In 2013 approximately 6.9 million people had an ischemic stroke and 3.4 million people had a hemorrhagic stroke. In 2015 there were about 42.4 million people who had previously had a stroke and were still alive. Between 1990 and 2010 the number of strokes which occurred each year decreased by approximately 10% in the developed world and increased by 10% in the developing world. In 2015, stroke was the second most frequent cause of death after coronary artery disease, accounting for 6.3 million deaths (11% of the total). About 3.0 million deaths resulted from ischemic stroke while 3.3 million deaths resulted from hemorrhagic stroke. About half of people who have had a stroke live less than one year. Overall, two thirds of strokes occurred in those over 65 years old.
Strokes can be classified into two major categories: ischemic and hemorrhagic. Ischemic strokes are caused by interruption of the blood supply to the brain, while hemorrhagic strokes result from the rupture of a blood vessel or an abnormal vascular structure. About 87% of strokes are ischemic, the rest being hemorrhagic. Bleeding can develop inside areas of ischemia, a condition known as "hemorrhagic transformation." It is unknown how many hemorrhagic strokes actually start as ischemic strokes.
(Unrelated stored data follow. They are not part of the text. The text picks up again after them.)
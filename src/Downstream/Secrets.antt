-- ===== src/Downstream/Secrets.antt =====
-- Stored secrets: backend/internal/auth/crypto.go. Byte strings are lists; HKDF, AES-GCM and base64
-- are parameters.
use Prim.Native.String.{slice, len}
use text.Mathlib.Text.{starts_with}
use open_scanner.Base.{
  ℕ, Bool, not, Option, none, some, String, List, ◌++◌, if◌then◌else◌, str_eq, concat, ltb, length,
  take, drop,
}

pub record Cipher : Type 0 where
  -- the AES key of a passphrase; `none` is an error
  pub derive : String → Option (List ℕ)
  -- with a key and a nonce; opening fails on a wrong tag
  pub seal : List ℕ → List ℕ → String → List ℕ
  pub open_sealed : List ℕ → List ℕ → List ℕ → Option String
  pub nonce_size : ℕ
  pub encode : List ℕ → String
  pub decode : String → Option (List ℕ)

abbrev pub encrypted_prefix : String
encrypted_prefix = "enc::"

abbrev pub is_encrypted : String → Bool
is_encrypted value = starts_with value encrypted_prefix

-- `deriveKey`
abbrev pub derive_key : Cipher → String → Option (List ℕ)
derive_key c passphrase = if str_eq passphrase "" then none else c.derive passphrase

-- `EncryptString`, with the nonce that the random source gave.
unfoldable pub encrypt_string : Cipher → List ℕ → String → String → Option String
encrypt_string c nonce plaintext passphrase = elim (derive_key c passphrase) [
  | none ↦ none
  | some key ↦ some (concat encrypted_prefix (c.encode (nonce ++ c.seal key nonce plaintext)))
]

abbrev pub opened : Cipher → List ℕ → Option (List ℕ) → Option String
opened c key none = none
opened c key (some raw) =
    if ltb (length raw) c.nonce_size
    then none
    else c.open_sealed key (take c.nonce_size raw) (drop c.nonce_size raw)

-- `DecryptString`: a value without the prefix is returned as it is.
unfoldable pub decrypt_string : Cipher → String → String → Option String
decrypt_string c value passphrase =
    if not (is_encrypted value) then some value else elim (derive_key c passphrase) [
      | none ↦ none
      | some key ↦ opened c key (c.decode (slice value (len encrypted_prefix) (len value)))
    ]
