-- ===== src/Downstream/Push.antt =====
-- `pushCall` and `pushWithRetry` of backend/internal/downstream/pusher.go. Durations are nanoseconds.
use text.Mathlib.Text.{starts_with}
use open_scanner.Base.{
  ℕ, zero, suc, ◌+◌, ◌*◌, ◌/◌, Bool, true, false, ◌&&◌, Option, none, some, String, List, [], ◌∷◌,
  ◌==◌, leb, ltb, if◌then◌else◌, str_eq, concat, ℤ,
}
use open_scanner.Ingest.Upload.{CallEvent}
use open_scanner.Downstream.{Downstream}
use open_scanner.Downstream.Secrets.{Cipher, is_encrypted, decrypt_string}
use open_scanner.Downstream.Fields.{push_fields}

pub record PushRequest : Type 0 where
  pub url : String
  pub api_key : String
  -- the name and the content of the part "audio"
  pub audio_name : String
  pub audio : String
  pub fields : List (String × String)

pub record PushEnv : Type 0 where
  pub recordings_dir : String
  -- filepath.Join and filepath.Rel
  pub join : String → String → String
  pub relative : String → String → Option String
  -- the content of a file, if it can be opened and read
  pub read_file : String → Option String
  pub format_int : ℤ → String
  -- strings.TrimRight(url, "/")
  pub trim_slashes : String → String
  pub encryption_key : String
  pub cipher : Cipher
  -- the status of an attempt, unless the request cannot be made or sent
  pub http : ℕ → PushRequest → Option ℕ
  -- rand.Int64N at an attempt, and whether the context ends during its wait
  pub random : ℕ → ℕ → ℕ
  pub is_cancelled : ℕ → Bool

-- The path stays below the recordings.
abbrev pub escapes : PushEnv → String → Bool
escapes env path = elim (env.relative env.recordings_dir path) [
  | none ↦ true
  | some rel ↦ starts_with rel ".."
]

abbrev pub plain_key : PushEnv → String → Option String
plain_key env api_key =
    if is_encrypted api_key
    then if str_eq env.encryption_key ""
      then none
      else decrypt_string env.cipher api_key env.encryption_key
    else some api_key

abbrev pub request_with :
    PushEnv → Downstream → CallEvent → Option String → Option String → Option PushRequest
request_with env ds e none key = none
request_with env ds e (some audio) none = none
request_with env ds e (some audio) (some key) = some (record {
  url = concat (env.trim_slashes ds.url) "/api/call-upload";
  api_key = key;
  audio_name = e.audio_name;
  audio = audio;
  fields = push_fields env.format_int e;
})

-- The request, or an error before there is one.
unfoldable pub request_of : PushEnv → Downstream → CallEvent → Option PushRequest
unfolding push_fields decrypt_string
request_of env ds e =
    let path = env.join env.recordings_dir e.audio_path in
    if escapes env path
    then none
    else request_with env ds e (env.read_file path) (plain_key env ds.api_key)

abbrev pub is_success : Option ℕ → Bool
is_success none = false
is_success (some status) = leb 200 status && ltb status 300

-- `pushCall`: `true` is no error.
unfoldable pub push_call : PushEnv → ℕ → Downstream → CallEvent → Bool
unfolding request_of
push_call env attempt ds e = elim (request_of env ds e) [
  | none ↦ false
  | some request ↦ is_success (env.http attempt request)
]

abbrev pub max_retries : ℕ
max_retries = 5

abbrev pub second : ℕ
second = 1_000_000_000

abbrev pub max_wait : ℕ
max_wait = 30 * second

abbrev pub capped : ℕ → ℕ
capped d = if ltb max_wait d then max_wait else d

-- How a push ends: at an attempt, after the last one, or with the context.
pub data PushEnd : Type 0 where
  pushed_at : ℕ → PushEnd
  gave_up cancelled : PushEnd

-- A round, by whether the attempt worked, was the last one, and was followed by the end of the
-- context; and what comes after the wait.
abbrev pub push_round : Bool → Bool → Bool → ℕ → ℕ → PushEnd × List ℕ → PushEnd × List ℕ
push_round worked last stopped attempt wait later =
    if worked
    then (pushed_at attempt, [])
    else if last
    then (gave_up, [])
    else if stopped
    then (cancelled, wait ∷ [])
    else (later.0, wait ∷ later.1)

-- The rounds that are left, the attempt, and the backoff; also the waits, in order.
unfoldable pub push_rounds : ℕ → PushEnv → Downstream → CallEvent → ℕ → ℕ → PushEnd × List ℕ
unfolding push_call
push_rounds zero env ds e attempt backoff = (gave_up, [])
push_rounds (suc left) env ds e attempt backoff =
    push_round (push_call env attempt ds e) (left == 0) (env.is_cancelled attempt) attempt
      (capped (backoff + env.random attempt (backoff / 2)))
      (push_rounds left env ds e (suc attempt) (capped (backoff * 2)))

unfoldable pub push_with_retry : PushEnv → Downstream → CallEvent → PushEnd × List ℕ
unfolding push_rounds
push_with_retry env ds e = push_rounds max_retries env ds e 0 second

-- The level of the log row that a push leaves.
abbrev pub log_level : PushEnd → Option String
log_level (pushed_at attempt) = some "info"
log_level gave_up = some "error"
log_level cancelled = none
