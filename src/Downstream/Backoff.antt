-- ===== src/Downstream/Backoff.antt =====
-- How often `pushWithRetry` of backend/internal/downstream/pusher.go tries, and how long it waits.
use open_scanner.Base.{
  ℕ, zero, suc, ◌+◌, ◌*◌, ◌/◌, ◌<◌, ◌≤◌, ◌≡◌, refl, sym, ap, subst, ◌∙◌, ◌⊎◌, inl, inr, Bool, true,
  false, List, [], ◌∷◌, arith, ◌==◌, length,
}
use open_scanner.Ingest.Upload.{CallEvent}
use open_scanner.Downstream.{Downstream}
use open_scanner.Downstream.Push.{
  PushEnv, push_call, second, max_wait, capped, PushEnd, pushed_at, gave_up, push_round,
  push_rounds, push_with_retry,
}

-- Each wait is at least its backoff and less than one and a half times that; the backoff doubles.
abbrev pub AreBackoffs : ℕ → List ℕ → Type 0
AreBackoffs backoff [] = Unit
AreBackoffs backoff (w ∷ ws) = (backoff ≤ w) × (2 * w < 3 * backoff) × AreBackoffs (backoff * 2) ws

-- `rand.Int64N` is below its bound.
abbrev pub IsRandom : PushEnv → Type 0
IsRandom env = (attempt bound : ℕ) → 0 < bound → env.random attempt bound < bound

-- From an attempt on, in so many rounds: the first attempt that works ends the push, after as many
-- waits as attempts before it; or none works.
abbrev pub Ended : PushEnv → Downstream → CallEvent → ℕ → ℕ → PushEnd × List ℕ → Type 0
Ended env ds e rounds first (end, waits) =
    ((i : ℕ) × (i < rounds)
      × (push_call env (first + i) ds e ≡ true)
      × ((j : ℕ) → j < i → push_call env (first + j) ds e ≡ false)
      × (end ≡ pushed_at (first + i))
      × (length waits ≡ i))
    ⊎ (((j : ℕ) → j < rounds → push_call env (first + j) ds e ≡ false)
        × (end ≡ gave_up)
        × (suc (length waits) ≡ rounds))

-- The backoff can double as often without reaching 32 seconds.
abbrev Fits : ℕ → ℕ → Type 0
Fits zero backoff = backoff ≤ 32 * second
Fits (suc n) backoff = Fits n (backoff * 2)

Fits-le : (n backoff : ℕ) → Fits n backoff → backoff ≤ 32 * second
Fits-le zero backoff h = h
Fits-le (suc n) backoff h = omega (arith, Fits-le n (backoff * 2) h)

capped-small : (d : ℕ) → d ≤ max_wait → capped d ≡ d
capped-small d h = ground arith

half_positive : (b : ℕ) → 2 ≤ b → 0 < b / 2
half_positive b h = omega arith

with_half : (b x : ℕ) → x < b / 2 → (b ≤ b + x) × (2 * (b + x) < 3 * b)
with_half b x h = omega arith

wait-bounds :
    (env : PushEnv) (attempt backoff : ℕ)
    → IsRandom env
    → 2 ≤ backoff
    → backoff ≤ 8 * second
    → let w = capped (backoff + env.random attempt (backoff / 2)) in
      (backoff ≤ w) × (2 * w < 3 * backoff)
wait-bounds env attempt backoff r positive small =
    let below = r attempt (backoff / 2) (half_positive backoff positive) in
    let (least, most) = with_half backoff (env.random attempt (backoff / 2)) below in
    rw (capped-small (backoff + env.random attempt (backoff / 2)) (omega (arith, most, small)))
      (least, most)

-- All the rounds, unless the context ends.
module _ (env : PushEnv) (ds : Downstream) (e : CallEvent) (r : IsRandom env)
    (lasts : (attempt : ℕ) → env.is_cancelled attempt ≡ false) where
  first-shift :
      (i attempt : ℕ) → push_call env (suc attempt + i) ds e ≡ push_call env (attempt + suc i) ds e
  first-shift i attempt = ap (λ n. push_call env n ds e) (omega arith)

  first-start : (attempt : ℕ) → push_call env (attempt + 0) ds e ≡ push_call env attempt ds e
  first-start attempt = ap (λ n. push_call env n ds e) (omega arith)

  shifted :
      (k attempt : ℕ)
      → push_call env attempt ds e ≡ false
      → ((j : ℕ) → j < k → push_call env (suc attempt + j) ds e ≡ false)
      → (j : ℕ) → j < suc k
      → push_call env (attempt + j) ds e ≡ false
  shifted k attempt h before zero below = first-start attempt ∙ h
  shifted k attempt h before (suc j) below = sym (first-shift j attempt) ∙ before j (omega arith)

  -- An attempt that did not work, and the rest.
  later-Ended :
      (left attempt : ℕ) (w : ℕ) (later : PushEnd × List ℕ)
      → push_call env attempt ds e ≡ false
      → Ended env ds e (suc left) (suc attempt) later
      → Ended env ds e (suc (suc left)) attempt (later.0, w ∷ later.1)
  later-Ended left attempt w (end, waits) h (inl (i, below, works, before, ends, n)) = inl (
    suc i,
    omega arith,
    sym (first-shift i attempt) ∙ works,
    shifted i attempt h before,
    ends ∙ ap pushed_at (omega arith),
    ap suc n,
  )
  later-Ended left attempt w (end, waits) h (inr (none_works, ends, n)) =
      inr (shifted (suc left) attempt h none_works, ends, ap suc n)

  at_once :
      (left attempt : ℕ)
      → push_call env attempt ds e ≡ true
      → Ended env ds e (suc left) attempt (pushed_at attempt, [])
  at_once left attempt works = inl (
    0,
    omega arith,
    first-start attempt ∙ works,
    λ j k. elim k [ ],
    ap pushed_at (omega arith),
    refl,
  )

  round-Ended :
      (left attempt backoff wait : ℕ) (worked last stopped : Bool) (later : PushEnd × List ℕ)
      → push_call env attempt ds e ≡ worked
      → last ≡ false
      → stopped ≡ false
      → (backoff ≤ wait) × (2 * wait < 3 * backoff)
      → Ended env ds e (suc left) (suc attempt) later × AreBackoffs (backoff * 2) later.1
      → Ended env ds e (suc (suc left)) attempt (push_round worked last stopped attempt wait later)
        × AreBackoffs backoff (push_round worked last stopped attempt wait later).1
  round-Ended left attempt backoff wait true last stopped later works l s bounds h =
      (at_once (suc left) attempt works, tt)
  round-Ended left attempt backoff wait false last stopped later fails l s (least, most)
        (ended, rest) =
      rw (l, s) (later-Ended left attempt wait later fails ended, (least, most, rest))

  last_round-Ended :
      (attempt backoff wait : ℕ) (worked last stopped : Bool) (later : PushEnd × List ℕ)
      → push_call env attempt ds e ≡ worked
      → last ≡ true
      → Ended env ds e 1 attempt (push_round worked last stopped attempt wait later)
        × AreBackoffs backoff (push_round worked last stopped attempt wait later).1
  last_round-Ended attempt backoff wait true last stopped later works l =
      (at_once 0 attempt works, tt)
  last_round-Ended attempt backoff wait false last stopped later fails l =
      rw l (inr (shifted 0 attempt fails (λ j k. elim k [ ]), refl, refl), tt)

  not_last : (left : ℕ) → (suc left == 0) ≡ false
  not_last left = ground arith

  push_rounds-Ended :
      (left attempt backoff : ℕ)
      → 2 ≤ backoff
      → Fits (suc left) backoff
      → Ended env ds e (suc left) attempt (push_rounds (suc left) env ds e attempt backoff)
        × AreBackoffs backoff (push_rounds (suc left) env ds e attempt backoff).1
  unfolding push_rounds
  push_rounds-Ended zero attempt backoff positive fits =
      last_round-Ended attempt backoff (capped (backoff + env.random attempt (backoff / 2)))
        (push_call env attempt ds e) (0 == 0) (env.is_cancelled attempt)
        (push_rounds 0 env ds e (suc attempt) (capped (backoff * 2))) refl refl
  push_rounds-Ended (suc left) attempt backoff positive fits =
      let small : backoff ≤ 8 * second = omega (arith, Fits-le left (backoff * 2 * 2) fits) in
      round-Ended left attempt backoff (capped (backoff + env.random attempt (backoff / 2)))
        (push_call env attempt ds e) (suc left == 0) (env.is_cancelled attempt)
        (push_rounds (suc left) env ds e (suc attempt) (capped (backoff * 2))) refl (not_last left)
        (lasts attempt) (wait-bounds env attempt backoff r positive small)
        (subst
          (λ b.
            Ended env ds e (suc left) (suc attempt)
              (push_rounds (suc left) env ds e (suc attempt) b)
            × AreBackoffs (backoff * 2) (push_rounds (suc left) env ds e (suc attempt) b).1)
          (sym (capped-small (backoff * 2) (omega (arith, small))))
          (push_rounds-Ended left (suc attempt) (backoff * 2) (omega arith) fits))

-- A push ends after at most five attempts. While the context lasts and the random source stays below
-- its bound, the first attempt of the five that works is the last one, with one wait before it for
-- each attempt that did not work; if none of the five works, the push is given up after four waits.
-- The backoff starts at one second and doubles, and each wait is at least its backoff and less than
-- one and a half times that; the cap of thirty seconds is never reached.
pub push_with_retry-Ended :
    (env : PushEnv) (ds : Downstream) (e : CallEvent)
    → IsRandom env
    → ((attempt : ℕ) → env.is_cancelled attempt ≡ false)
    → Ended env ds e 5 0 (push_with_retry env ds e)
      × AreBackoffs 1_000_000_000 (push_with_retry env ds e).1
unfolding push_with_retry
push_with_retry-Ended env ds e r lasts =
    push_rounds-Ended env ds e r lasts 4 0 second (omega arith) (omega arith)
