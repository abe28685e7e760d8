-- ===== src/Ingest/Duplicate.antt =====
-- `IsDuplicate` of backend/internal/audio/duplicate.go. Times are unix seconds, and
-- the bounds of the window wrap around. `none` is an error.
pub mod Apart
use open_scanner.Base.{
  ℕ, ◌/◌, Bool, true, false, Option, none, some, ltb, if◌then◌else◌, ℤ, pos, negsuc, ◌+ℤ◌, neg_ℕ,
  int64,
}
use open_scanner.Ingest.Tables.{Db, Faults}
use open_scanner.Ingest.Rows.{has_call_at_timestamp, has_call_in_time_range}

-- The window in seconds, one at least.
abbrev pub window_sec : ℕ → ℕ
window_sec window_ms = if ltb (window_ms / 1000) 1 then 1 else window_ms / 1000

abbrev in_window : Faults → Db → ℕ → ℕ → ℤ → ℕ → Option Bool → Option Bool
in_window fails db system talkgroup t window_ms none = none
in_window fails db system talkgroup t window_ms (some true) = some true
in_window fails db system talkgroup t window_ms (some false) =
    has_call_in_time_range fails db system talkgroup (int64 (t +ℤ neg_ℕ (window_sec window_ms)))
      (int64 (t +ℤ pos (window_sec window_ms)))

-- A window of 0 or less disables the check.
unfoldable pub is_duplicate : Faults → Db → ℕ → ℕ → ℤ → ℤ → Option Bool
unfolding has_call_at_timestamp int64
is_duplicate fails db system talkgroup t (negsuc n) = some false
is_duplicate fails db system talkgroup t (pos n) =
    if ltb 0 n
    then in_window fails db system talkgroup t n (has_call_at_timestamp fails db system talkgroup t)
    else some false
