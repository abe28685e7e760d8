-- ===== src/Ingest/Upload/Resolve.antt =====
-- `PostCallUpload`, middle part: the rows of the system and the talkgroup, found or made, and the
-- duplicate check; `ResolveGroupID` and `ResolveTagID` of backend/internal/handler/shared/resolve.go.
use open_scanner.Base.{
  ℕ, Bool, false, not, ◌&&◌, ◌||◌, Option, none, some, String, [], ◌∷◌, ◌++◌, ◌==◌, if◌then◌else◌,
  str_eq, ℤ, pos,
}
use open_scanner.Ingest.Tables.{
  System, Talkgroup, LabelRow, Db, Faults, Lookup, found, no_rows, failed, get_setting_value,
  get_system_by_system_id, create_system, get_talkgroup, create_talkgroup, update_talkgroup,
}
use open_scanner.Ingest.Rows.{get_group_by_label, create_group, get_tag_by_label, create_tag}
use open_scanner.Ingest.Duplicate.{is_duplicate}
use open_scanner.Ingest.Sources.{is_some}
use open_scanner.Ingest.Upload.{
  Env, Server, Meta, Step, halts, goes, HubCall, broadcast_cfg, fail_with,
}

abbrev pub created_label : Db → Option (Db × ℕ) → Db × Option ℕ
created_label db none = (db, none)
created_label db (some (db', id)) = (db', some id)

abbrev pub resolved_group : Faults → Db → String → Lookup LabelRow → Db × Option ℕ
resolved_group fails db label (found g) = (db, some g.id)
resolved_group fails db label failed = (db, none)
resolved_group fails db label no_rows = created_label db (create_group fails db label)

unfoldable pub resolve_group_id : Faults → Db → String → Db × Option ℕ
resolve_group_id fails db label = resolved_group fails db label (get_group_by_label fails db label)

abbrev pub resolved_tag : Faults → Db → String → Lookup LabelRow → Db × Option ℕ
resolved_tag fails db label (found t) = (db, some t.id)
resolved_tag fails db label failed = (db, none)
resolved_tag fails db label no_rows = created_label db (create_tag fails db label)

unfoldable pub resolve_tag_id : Faults → Db → String → Db × Option ℕ
resolve_tag_id fails db label = resolved_tag fails db label (get_tag_by_label fails db label)

-- `h.hub.BroadcastCFG(ctx)`, which does nothing without a hub.
abbrev pub told : Env → Server → HubCall → Server
told env s call = if env.has_hub then record s { hub = s.hub ++ (call ∷ []) } else s

abbrev pub made_system : Env → Server → Option (Db × System) → Step System
made_system env s none = halts s (fail_with 500 "internal error")
made_system env s (some (db, system)) = goes (told env (record s { db = db }) broadcast_cfg) system

abbrev pub found_system : Env → Server → Meta → Lookup System → Step System
found_system env s meta (found system) = goes s system
found_system env s meta failed = halts s (fail_with 500 "internal error")
found_system env s meta no_rows =
    if str_eq (get_setting_value env.fails s.db "autoPopulateSystems") "true"
    then made_system env s (
        create_system env.fails s.db meta.system_raw (
          if str_eq meta.system_label ""
          then env.format_int meta.system_raw
          else meta.system_label))
    else halts s (fail_with 400 "system not found")

unfoldable pub resolve_system : Env → Server → Meta → Step System
resolve_system env s meta =
    found_system env s meta (get_system_by_system_id env.fails s.db meta.system_raw)

-- A label of the upload, "" meaning none; only a label that is there is looked up or made.
abbrev pub given : String → Option String
given label = if str_eq label "" then none else some label

abbrev pub group_of : Faults → Db → Option String → Db × Option ℕ
group_of fails db none = (db, none)
group_of fails db (some label) = resolve_group_id fails db label

abbrev pub tag_of_label : Faults → Db → Option String → Db × Option ℕ
tag_of_label fails db none = (db, none)
tag_of_label fails db (some label) = resolve_tag_id fails db label

-- A field that is set stays; an empty one takes what the upload gives.
abbrev pub keep_or {ℓ} : {A : Type ℓ} → Option A → Option A → Option A
keep_or (some a) given = some a
keep_or none given = given

unfoldable pub needs_backfill : Talkgroup → Meta → Bool
needs_backfill t meta =
    (not (is_some t.label) && not (str_eq meta.talkgroup_label ""))
    || (not (is_some t.name) && not (str_eq meta.talkgroup_name ""))
    || (not (is_some t.tag_id) && not (str_eq meta.talkgroup_tag ""))
    || (not (is_some t.group_id) && not (str_eq meta.talkgroup_group ""))

abbrev pub missing_group : Option ℕ → String → Option String
missing_group none label = given label
missing_group (some id) label = none

abbrev pub written : Env → Server → Db → Talkgroup → Option Db → Step Talkgroup
written env s db t none = goes (record s { db = db }) t
written env s db t (some db') = goes (told env (record s { db = db' }) broadcast_cfg) t

-- The row with its empty fields filled. If the write fails, the handler goes on with the filled row.
unfoldable pub backfill : Env → Server → Meta → Talkgroup → Step Talkgroup
unfolding resolve_group_id resolve_tag_id
backfill env s meta t =
    let (db1, group) = group_of env.fails s.db (missing_group t.group_id meta.talkgroup_group) in
    let (db2, tag) = tag_of_label env.fails db1 (missing_group t.tag_id meta.talkgroup_tag) in
    let filled : Talkgroup = record t {
      label = keep_or t.label (given meta.talkgroup_label);
      name = keep_or t.name (given meta.talkgroup_name);
      group_id = keep_or t.group_id group;
      tag_id = keep_or t.tag_id tag;
    } in
    written env s db2 filled (update_talkgroup env.fails db2 filled)

abbrev pub made_talkgroup : Env → Server → Db → Option (Db × Talkgroup) → Step Talkgroup
made_talkgroup env s db none = halts (record s { db = db }) (fail_with 500 "internal error")
made_talkgroup env s db (some (db', t)) = goes (told env (record s { db = db' }) broadcast_cfg) t

unfoldable pub new_talkgroup : Env → Server → Meta → System → Step Talkgroup
unfolding resolve_group_id resolve_tag_id
new_talkgroup env s meta system =
    let (db1, group) = group_of env.fails s.db (given meta.talkgroup_group) in
    let (db2, tag) = tag_of_label env.fails db1 (given meta.talkgroup_tag) in
    made_talkgroup env s db2 (
      create_talkgroup env.fails db2 system.id meta.talkgroup_raw (given meta.talkgroup_label)
        (given meta.talkgroup_name) group tag)

abbrev pub found_talkgroup : Env → Server → Meta → System → Lookup Talkgroup → Step Talkgroup
found_talkgroup env s meta system (found t) =
    if needs_backfill t meta then backfill env s meta t else goes s t
found_talkgroup env s meta system failed = halts s (fail_with 500 "internal error")
found_talkgroup env s meta system no_rows =
    if system.auto_populate_talkgroups == 0
    then halts s (fail_with 400 "talkgroup not found")
    else new_talkgroup env s meta system

unfoldable pub resolve_talkgroup : Env → Server → Meta → System → Step Talkgroup
unfolding needs_backfill backfill new_talkgroup
resolve_talkgroup env s meta system =
    found_talkgroup env s meta system (get_talkgroup env.fails s.db system.id meta.talkgroup_raw)

-- The window in milliseconds: 2000, or the setting if it is a number.
abbrev pub window_ms_of : Env → String → ℤ
window_ms_of env setting =
    if str_eq setting ""
    then pos 2000
    else elim (env.parse_int setting) [ none ↦ pos 2000 | some n ↦ n ]

-- An error of the check is logged and the upload goes on.
abbrev pub is_known_duplicate : Option Bool → Bool
is_known_duplicate none = false
is_known_duplicate (some b) = b

unfoldable pub is_rejected_duplicate : Env → Db → Meta → System → Talkgroup → Bool
is_rejected_duplicate env db meta system t =
    not (str_eq (get_setting_value env.fails db "disableDuplicateDetection") "true")
    && is_known_duplicate (
        is_duplicate env.fails db system.id t.id meta.date_time
          (window_ms_of env (get_setting_value env.fails db "duplicateDetectionTimeFrame")))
In the 1970s the World Health Organization defined stroke as a "neurological deficit of cerebrovascular cause that persists beyond 24 hours or is interrupted by death within 24 hours", although the word "stroke" is centuries old. This definition was supposed to reflect the reversibility of tissue damage and was devised for the purpose, with the time frame of 24 hours being chosen arbitrarily. The 24-hour limit divides stroke from transient ischemic attack, which is a related syndrome of stroke symptoms that resolve completely within 24 hours. With the availability of treatments which can reduce stroke severity when given early, many now prefer alternative terminology, such as brain attack and acute ischemic cerebrovascular syndrome (modeled after heart attack and acute coronary syndrome, respectively), to reflect the urgency of stroke symptoms and the need to act swiftly.
In an ischemic stroke, blood supply to part of the brain is decreased, leading to dysfunction of the brain tissue in that area. There are four reasons why this might happen:
A stroke without an obvious explanation is termed cryptogenic (of unknown origin); this constitutes 30-40% of all ischemic strokes.